In the entries that follow, how many lines include "there"? Give the number and nothing else.

* Given data

┄┄┄┄┄┄┄┄┄┄┄┄┄┄┄┄┄┄┄┄

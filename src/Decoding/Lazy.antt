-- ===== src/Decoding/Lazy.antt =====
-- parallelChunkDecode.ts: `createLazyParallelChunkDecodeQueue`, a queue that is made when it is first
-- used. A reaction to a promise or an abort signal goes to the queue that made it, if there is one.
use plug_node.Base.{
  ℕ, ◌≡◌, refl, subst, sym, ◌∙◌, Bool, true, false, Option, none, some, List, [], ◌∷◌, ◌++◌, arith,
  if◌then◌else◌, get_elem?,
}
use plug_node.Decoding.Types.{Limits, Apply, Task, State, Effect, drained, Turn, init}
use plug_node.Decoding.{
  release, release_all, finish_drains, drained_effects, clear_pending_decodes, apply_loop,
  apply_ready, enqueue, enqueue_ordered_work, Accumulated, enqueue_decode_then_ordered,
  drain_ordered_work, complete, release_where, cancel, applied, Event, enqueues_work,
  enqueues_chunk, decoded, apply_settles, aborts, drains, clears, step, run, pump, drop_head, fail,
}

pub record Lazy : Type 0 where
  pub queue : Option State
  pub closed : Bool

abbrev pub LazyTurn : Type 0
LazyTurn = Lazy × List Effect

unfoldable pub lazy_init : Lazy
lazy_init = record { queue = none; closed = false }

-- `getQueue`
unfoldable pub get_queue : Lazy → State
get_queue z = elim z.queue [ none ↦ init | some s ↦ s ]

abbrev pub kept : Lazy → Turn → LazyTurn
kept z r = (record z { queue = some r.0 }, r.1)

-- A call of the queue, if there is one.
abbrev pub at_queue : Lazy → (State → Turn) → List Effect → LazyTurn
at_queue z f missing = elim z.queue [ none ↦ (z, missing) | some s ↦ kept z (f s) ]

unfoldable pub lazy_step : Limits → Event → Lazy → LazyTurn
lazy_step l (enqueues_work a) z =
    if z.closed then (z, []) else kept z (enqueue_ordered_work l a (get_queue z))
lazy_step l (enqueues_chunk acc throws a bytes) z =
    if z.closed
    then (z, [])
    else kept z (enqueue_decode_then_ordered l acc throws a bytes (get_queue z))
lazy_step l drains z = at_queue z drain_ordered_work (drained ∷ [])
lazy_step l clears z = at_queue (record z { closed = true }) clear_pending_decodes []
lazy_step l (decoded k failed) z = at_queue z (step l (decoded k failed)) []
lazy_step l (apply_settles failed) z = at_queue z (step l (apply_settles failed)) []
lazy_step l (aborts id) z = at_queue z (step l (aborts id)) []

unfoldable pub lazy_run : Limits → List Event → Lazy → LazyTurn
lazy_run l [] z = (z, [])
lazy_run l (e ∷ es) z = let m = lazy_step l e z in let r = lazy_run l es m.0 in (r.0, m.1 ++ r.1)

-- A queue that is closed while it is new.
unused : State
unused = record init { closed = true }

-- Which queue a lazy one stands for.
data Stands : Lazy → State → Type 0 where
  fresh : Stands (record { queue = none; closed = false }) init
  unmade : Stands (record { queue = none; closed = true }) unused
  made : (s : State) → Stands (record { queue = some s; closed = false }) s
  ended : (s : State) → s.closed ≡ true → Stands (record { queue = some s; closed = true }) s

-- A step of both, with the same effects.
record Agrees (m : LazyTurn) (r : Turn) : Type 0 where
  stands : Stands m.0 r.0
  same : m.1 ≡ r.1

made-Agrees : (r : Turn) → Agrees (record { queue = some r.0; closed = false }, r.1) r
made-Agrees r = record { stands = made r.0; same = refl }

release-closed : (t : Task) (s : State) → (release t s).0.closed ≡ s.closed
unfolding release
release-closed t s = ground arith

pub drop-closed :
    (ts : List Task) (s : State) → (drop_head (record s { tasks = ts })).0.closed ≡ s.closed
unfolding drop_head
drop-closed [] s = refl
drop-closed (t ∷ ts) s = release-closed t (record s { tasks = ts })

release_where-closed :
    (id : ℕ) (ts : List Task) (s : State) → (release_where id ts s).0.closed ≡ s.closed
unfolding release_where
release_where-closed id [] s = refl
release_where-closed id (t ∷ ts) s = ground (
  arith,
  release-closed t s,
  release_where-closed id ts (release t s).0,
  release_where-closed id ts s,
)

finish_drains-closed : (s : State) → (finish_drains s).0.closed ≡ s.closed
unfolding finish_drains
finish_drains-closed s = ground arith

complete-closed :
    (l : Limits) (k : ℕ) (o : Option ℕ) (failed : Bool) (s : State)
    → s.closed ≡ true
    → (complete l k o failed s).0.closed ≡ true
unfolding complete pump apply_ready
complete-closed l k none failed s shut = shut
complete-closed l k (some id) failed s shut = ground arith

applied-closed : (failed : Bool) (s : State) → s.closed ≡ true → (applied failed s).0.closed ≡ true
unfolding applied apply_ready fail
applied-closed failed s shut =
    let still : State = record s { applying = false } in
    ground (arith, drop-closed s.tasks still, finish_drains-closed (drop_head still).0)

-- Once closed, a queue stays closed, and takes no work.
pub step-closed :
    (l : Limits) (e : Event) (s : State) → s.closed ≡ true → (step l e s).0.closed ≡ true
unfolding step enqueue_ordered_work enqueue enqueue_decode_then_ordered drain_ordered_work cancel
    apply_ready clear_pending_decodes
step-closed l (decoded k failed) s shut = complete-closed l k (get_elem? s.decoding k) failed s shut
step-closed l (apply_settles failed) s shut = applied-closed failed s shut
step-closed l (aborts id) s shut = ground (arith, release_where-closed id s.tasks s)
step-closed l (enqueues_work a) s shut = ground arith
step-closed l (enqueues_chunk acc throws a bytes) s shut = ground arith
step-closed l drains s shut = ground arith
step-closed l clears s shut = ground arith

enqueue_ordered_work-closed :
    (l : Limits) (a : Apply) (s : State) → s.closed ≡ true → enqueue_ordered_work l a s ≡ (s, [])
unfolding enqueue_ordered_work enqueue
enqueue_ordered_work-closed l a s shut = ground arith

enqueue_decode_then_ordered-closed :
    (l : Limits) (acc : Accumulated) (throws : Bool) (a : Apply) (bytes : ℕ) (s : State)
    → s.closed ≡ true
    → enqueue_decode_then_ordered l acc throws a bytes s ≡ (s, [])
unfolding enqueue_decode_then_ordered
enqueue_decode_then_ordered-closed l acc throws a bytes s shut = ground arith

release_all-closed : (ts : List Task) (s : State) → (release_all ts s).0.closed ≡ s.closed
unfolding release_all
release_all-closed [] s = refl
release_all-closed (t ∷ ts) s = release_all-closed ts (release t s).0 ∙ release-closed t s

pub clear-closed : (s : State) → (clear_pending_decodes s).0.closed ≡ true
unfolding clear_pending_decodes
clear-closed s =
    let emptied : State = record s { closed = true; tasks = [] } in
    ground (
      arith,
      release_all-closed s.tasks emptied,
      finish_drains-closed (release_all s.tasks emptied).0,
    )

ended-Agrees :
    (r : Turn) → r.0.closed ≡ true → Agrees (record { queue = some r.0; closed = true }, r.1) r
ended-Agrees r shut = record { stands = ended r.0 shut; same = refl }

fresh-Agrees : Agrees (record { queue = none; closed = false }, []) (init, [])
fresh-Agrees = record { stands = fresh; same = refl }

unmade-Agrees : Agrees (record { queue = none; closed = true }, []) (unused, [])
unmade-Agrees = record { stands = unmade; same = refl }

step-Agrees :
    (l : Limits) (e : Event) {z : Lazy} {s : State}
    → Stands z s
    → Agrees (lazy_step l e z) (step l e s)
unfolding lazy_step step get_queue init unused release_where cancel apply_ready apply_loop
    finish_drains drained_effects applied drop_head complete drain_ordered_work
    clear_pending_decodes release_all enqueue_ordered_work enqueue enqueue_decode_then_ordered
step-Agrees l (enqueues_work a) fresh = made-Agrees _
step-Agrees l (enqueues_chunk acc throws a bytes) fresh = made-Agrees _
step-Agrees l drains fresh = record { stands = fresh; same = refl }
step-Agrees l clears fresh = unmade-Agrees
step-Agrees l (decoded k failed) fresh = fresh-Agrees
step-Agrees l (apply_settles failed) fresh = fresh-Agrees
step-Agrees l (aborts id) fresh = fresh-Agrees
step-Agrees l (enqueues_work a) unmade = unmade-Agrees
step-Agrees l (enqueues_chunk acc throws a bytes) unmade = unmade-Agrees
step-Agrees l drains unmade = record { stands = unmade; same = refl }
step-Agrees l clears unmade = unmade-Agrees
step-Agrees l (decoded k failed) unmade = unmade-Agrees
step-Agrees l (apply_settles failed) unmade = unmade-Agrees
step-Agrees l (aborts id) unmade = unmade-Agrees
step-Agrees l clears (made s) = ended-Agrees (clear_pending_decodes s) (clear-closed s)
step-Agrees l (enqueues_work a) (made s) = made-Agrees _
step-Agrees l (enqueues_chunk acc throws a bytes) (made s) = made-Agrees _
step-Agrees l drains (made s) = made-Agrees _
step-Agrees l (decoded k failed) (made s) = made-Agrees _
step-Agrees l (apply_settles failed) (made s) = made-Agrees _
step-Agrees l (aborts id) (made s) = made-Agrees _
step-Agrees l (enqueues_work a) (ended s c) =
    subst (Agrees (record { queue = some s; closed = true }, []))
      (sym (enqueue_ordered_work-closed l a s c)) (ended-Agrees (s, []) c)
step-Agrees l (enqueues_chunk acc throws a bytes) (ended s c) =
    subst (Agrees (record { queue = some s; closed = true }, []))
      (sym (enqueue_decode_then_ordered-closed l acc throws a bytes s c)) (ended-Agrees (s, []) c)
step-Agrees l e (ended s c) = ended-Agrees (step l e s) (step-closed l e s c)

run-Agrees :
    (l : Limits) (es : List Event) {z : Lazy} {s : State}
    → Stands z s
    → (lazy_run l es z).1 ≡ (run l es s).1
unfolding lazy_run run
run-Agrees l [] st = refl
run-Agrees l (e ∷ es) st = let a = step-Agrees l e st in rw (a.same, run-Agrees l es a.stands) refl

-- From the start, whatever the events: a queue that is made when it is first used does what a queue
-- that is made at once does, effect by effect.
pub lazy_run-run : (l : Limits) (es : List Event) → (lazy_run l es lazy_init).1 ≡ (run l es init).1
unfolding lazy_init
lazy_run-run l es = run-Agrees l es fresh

┄┄┄┄┄┄┄┄┄┄┄┄┄┄┄┄┄┄┄┄

* Solution to this exercise
2